Clippy suggests this, which is both incomplete as a refactor and does not compile. Try as I might I could not get into_iter().flatten() to compile.
for x in [&t.a, &t.b].into_iter().flatten() {
if let Some(y) = x {
println!("{}", y);
}
}
Meta
I saw https://github.com/rust-lang/rust-clippy/issues/6893 which appears to be the same issue, but it was claimed to be fixed there and that fix should have landed in 1.53. I'm on 1.54 now and still seeing it with both mutable and immutable reference slices.
-
cargo clippy -V
: clippy 0.1.54 (a178d03 2021-07-26) -
rustc -Vv
:
rustc 1.54.0 (a178d0322 2021-07-26)
binary: rustc
commit-hash: a178d0322ce20e33eac124758e837cbd80a6f633
commit-date: 2021-07-26
host: x86_64-unknown-linux-gnu
release: 1.54.0
LLVM version: 12.0.1
In addition to the original issue, manual_flatten
also seems to give false suggestion on
fn main() {
for n in [&&Some(1)] {
if let Some(x) = n {
println!("{}", x);
}
}
}
Running clippy suggests this which does not compile:
for n in [&&Some(1)].into_iter().copied().flatten() {
println!("{}", n);
}
Problem lies on not checking nested reference on the lint here.
Using flatten()
on nested references is a pain, since we would call copied()

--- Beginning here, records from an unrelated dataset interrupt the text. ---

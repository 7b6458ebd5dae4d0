-- ===== src/Slot/Lease/Creation.antt =====
-- The manager that `GpuLeaseManagerCore.__init__` of nano_rl/runtime/slot.py makes from a plan.
use nano_rl.Prelude.{
  ℕ, String, ◌≡◌, refl, inl, inr, true, false, some, List, [], ◌∷◌, arith, Bool-cases,
}
use nano_rl.Prelude.Dict.{lookup, insert, lookup-nil, lookup-insert, lookup-insert_self}
use nano_rl.Prelude.Exec.{Result, ok, err}
use nano_rl.Prelude.Equality.{nat_eq, contains}
use nano_rl.Exceptions.{SlotError, role_unsupported}
use nano_rl.Slot.Names.{RoleName, role_eq, trainer}
use nano_rl.Slot.Types.{GpuLeaseState, ResolvedGpuPlan}
use nano_rl.Slot.Lease.{Manager, create, init_loop, init_gpu, grant}
use nano_rl.Slot.Lease.Invariant.{GpuOk, IsWellFormed}
use nano_rl.Slot.Lease.Changes.{LeaseCall, run, run-IsWellFormed}
use nano_rl.Slot.Lease.Refusals.{unsupported_forever}

-- The entries of a GPU are those that its round of the loop has made.
pub record Initial (plan : ResolvedGpuPlan) (g : ℕ) (m : Manager) : Type 0 where
  pub roles : List RoleName
  pub state : GpuLeaseState
  pub made : init_gpu plan g ≡ ok (roles, state)
  pub known : lookup g m.supported_roles ≡ some roles
  pub found : lookup g m.states ≡ some state

-- Outside `ids` the entries of `m` are those of `before`.
pub record Loaded (plan : ResolvedGpuPlan) (ids : List ℕ) (before m : Manager) : Type 0 where
  pub inside : (g : ℕ) → contains g ids ≡ true → Initial plan g m
  pub outside_roles :
      (g : ℕ)
      → contains g ids ≡ false
      → lookup g m.supported_roles ≡ lookup g before.supported_roles
  pub outside_states : (g : ℕ) → contains g ids ≡ false → lookup g m.states ≡ lookup g before.states

add_gpu : ℕ → List RoleName → GpuLeaseState → Manager → Manager
add_gpu g roles state m = record m {
  states = insert g state m.states;
  supported_roles = insert g roles m.supported_roles;
}

Loaded-cons :
    (plan : ResolvedGpuPlan) (g : ℕ) (ids : List ℕ) (roles : List RoleName) (state : GpuLeaseState)
    (before m : Manager)
    → init_gpu plan g ≡ ok (roles, state)
    → Loaded plan ids (add_gpu g roles state before) m
    → Loaded plan (g ∷ ids) before m
unfolding add_gpu
Loaded-cons plan g ids roles state before m made v = record {
  inside = λ h c. elim (Bool-cases (contains h ids)) [
    | inl later ↦ v.inside h later
    | inr now ↦ record {
      roles = roles;
      state = state;
      made = rw (← here h c now) made;
      known = rw (v.outside_roles h now, ← here h c now) (lookup-insert_self _ _ _);
      found = rw (v.outside_states h now, ← here h c now) (lookup-insert_self _ _ _);
    }
  ];
  outside_roles =
      λ h c. ground (arith, v.outside_roles h, lookup-insert h g roles before.supported_roles);
  outside_states = λ h c. ground (arith, v.outside_states h, lookup-insert h g state before.states);
}
  where
    here : (h : ℕ) → contains h (g ∷ ids) ≡ true → contains h ids ≡ false → g ≡ h
    here h c now = ground (arith, nat_eq.test_iff g h)

init_loop-Loaded :
    (plan : ResolvedGpuPlan) (ids : List ℕ) (before m : Manager)
    → init_loop plan ids before ≡ ok m
    → Loaded plan ids before m
unfolding init_loop
init_loop-Loaded plan [] before m h = record {
  inside = λ g c. cc;
  outside_roles = λ g c. ground arith;
  outside_states = λ g c. ground arith;
}
init_loop-Loaded plan (g ∷ ids) before m h =
    go (init_gpu plan g) refl (λ b. init_loop-Loaded plan ids b m)
  where
    go :
        (r : Result SlotError (List RoleName × GpuLeaseState))
        → init_gpu plan g ≡ r
        → ((b : Manager) → init_loop plan ids b ≡ ok m → Loaded plan ids b m)
        → Loaded plan (g ∷ ids) before m
    go (err x) e rest = absurd (ground arith)
    go (ok (roles, state)) e rest =
        Loaded-cons plan g ids roles state before m e (rest _ (unfold add_gpu in ground arith))

init_gpu-GpuOk :
    (plan : ResolvedGpuPlan) (g : ℕ) (roles : List RoleName) (state : GpuLeaseState)
    → init_gpu plan g ≡ ok (roles, state)
    → GpuOk g (some roles) (some state)
unfolding init_gpu
init_gpu-GpuOk plan g roles state h = ground arith

unshared :
    (plan : ResolvedGpuPlan) (g : ℕ) (roles : List RoleName) (state : GpuLeaseState)
    → init_gpu plan g ≡ ok (roles, state)
    → contains g plan.shared_gpu_ids ≡ false
    → contains trainer roles ≡ false
unfolding init_gpu
unshared plan g roles state h own = ground arith

-- Every GPU of the plan gets the entries of its own round, and no other GPU gets any.
pub create-Loaded :
    (plan : ResolvedGpuPlan) (m : Manager)
    → create plan ≡ ok m
    → Loaded plan plan.physical_gpu_ids
        (record { plan = plan; states = []; supported_roles = [] })
        m
unfolding create
create-Loaded plan m h = init_loop-Loaded plan plan.physical_gpu_ids _ m h

create-IsWellFormed : (plan : ResolvedGpuPlan) (m : Manager) → create plan ≡ ok m → IsWellFormed m
create-IsWellFormed plan m h = record {
  at = λ g. elim (Bool-cases (contains g plan.physical_gpu_ids)) [
    | inl physical ↦
        let made = (create-Loaded plan m h).inside g physical in
        rw (made.known, made.found) (init_gpu-GpuOk plan g made.roles made.state made.made)
    | inr foreign ↦
        let v = create-Loaded plan m h in
        rw (v.outside_roles g foreign, v.outside_states g foreign) (simp lookup-nil tt)
  ];
}

-- From the plan on, whatever is called, phase, role and holder of each GPU agree, and an active role is
-- one that the GPU supports.
pub history-IsWellFormed :
    (plan : ResolvedGpuPlan) (m : Manager) (cs : List LeaseCall)
    → create plan ≡ ok m
    → IsWellFormed (run cs m)
history-IsWellFormed plan m cs h = run-IsWellFormed cs m (create-IsWellFormed plan m h)

-- On a GPU of the plan that is not shared, a trainer lease is refused as unsupported at any time, and
-- the refusal changes nothing.
pub rollout_only_refuses_trainer :
    (plan : ResolvedGpuPlan) (m : Manager) (gpu : ℕ) (holder : String) (cs : List LeaseCall)
    → create plan ≡ ok m
    → contains gpu plan.physical_gpu_ids ≡ true
    → contains gpu plan.shared_gpu_ids ≡ false
    → grant trainer gpu holder (run cs m) ≡ (err (role_unsupported gpu trainer), run cs m)
rollout_only_refuses_trainer plan m gpu holder cs h physical own =
    let made = (create-Loaded plan m h).inside gpu physical in
    unsupported_forever trainer gpu holder m made.roles made.known
      (unshared plan gpu made.roles made.state made.made own) cs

a lot of times. Would this lint makes more sense if it exempts reference altogether rather than suggesting into_iter().copied().flatten()
?
@rustbot claim
I was going through some of my old allowed lints recently. Whatever was preventing manually edited code using flatten() from building and running with borrows seems fixed upstream somewhere between 1.54 and 1.62. The clippy suggested fix is still incomplete and doesn't build, but at least the finding itself is no longer wrong even if it requires manual intervention.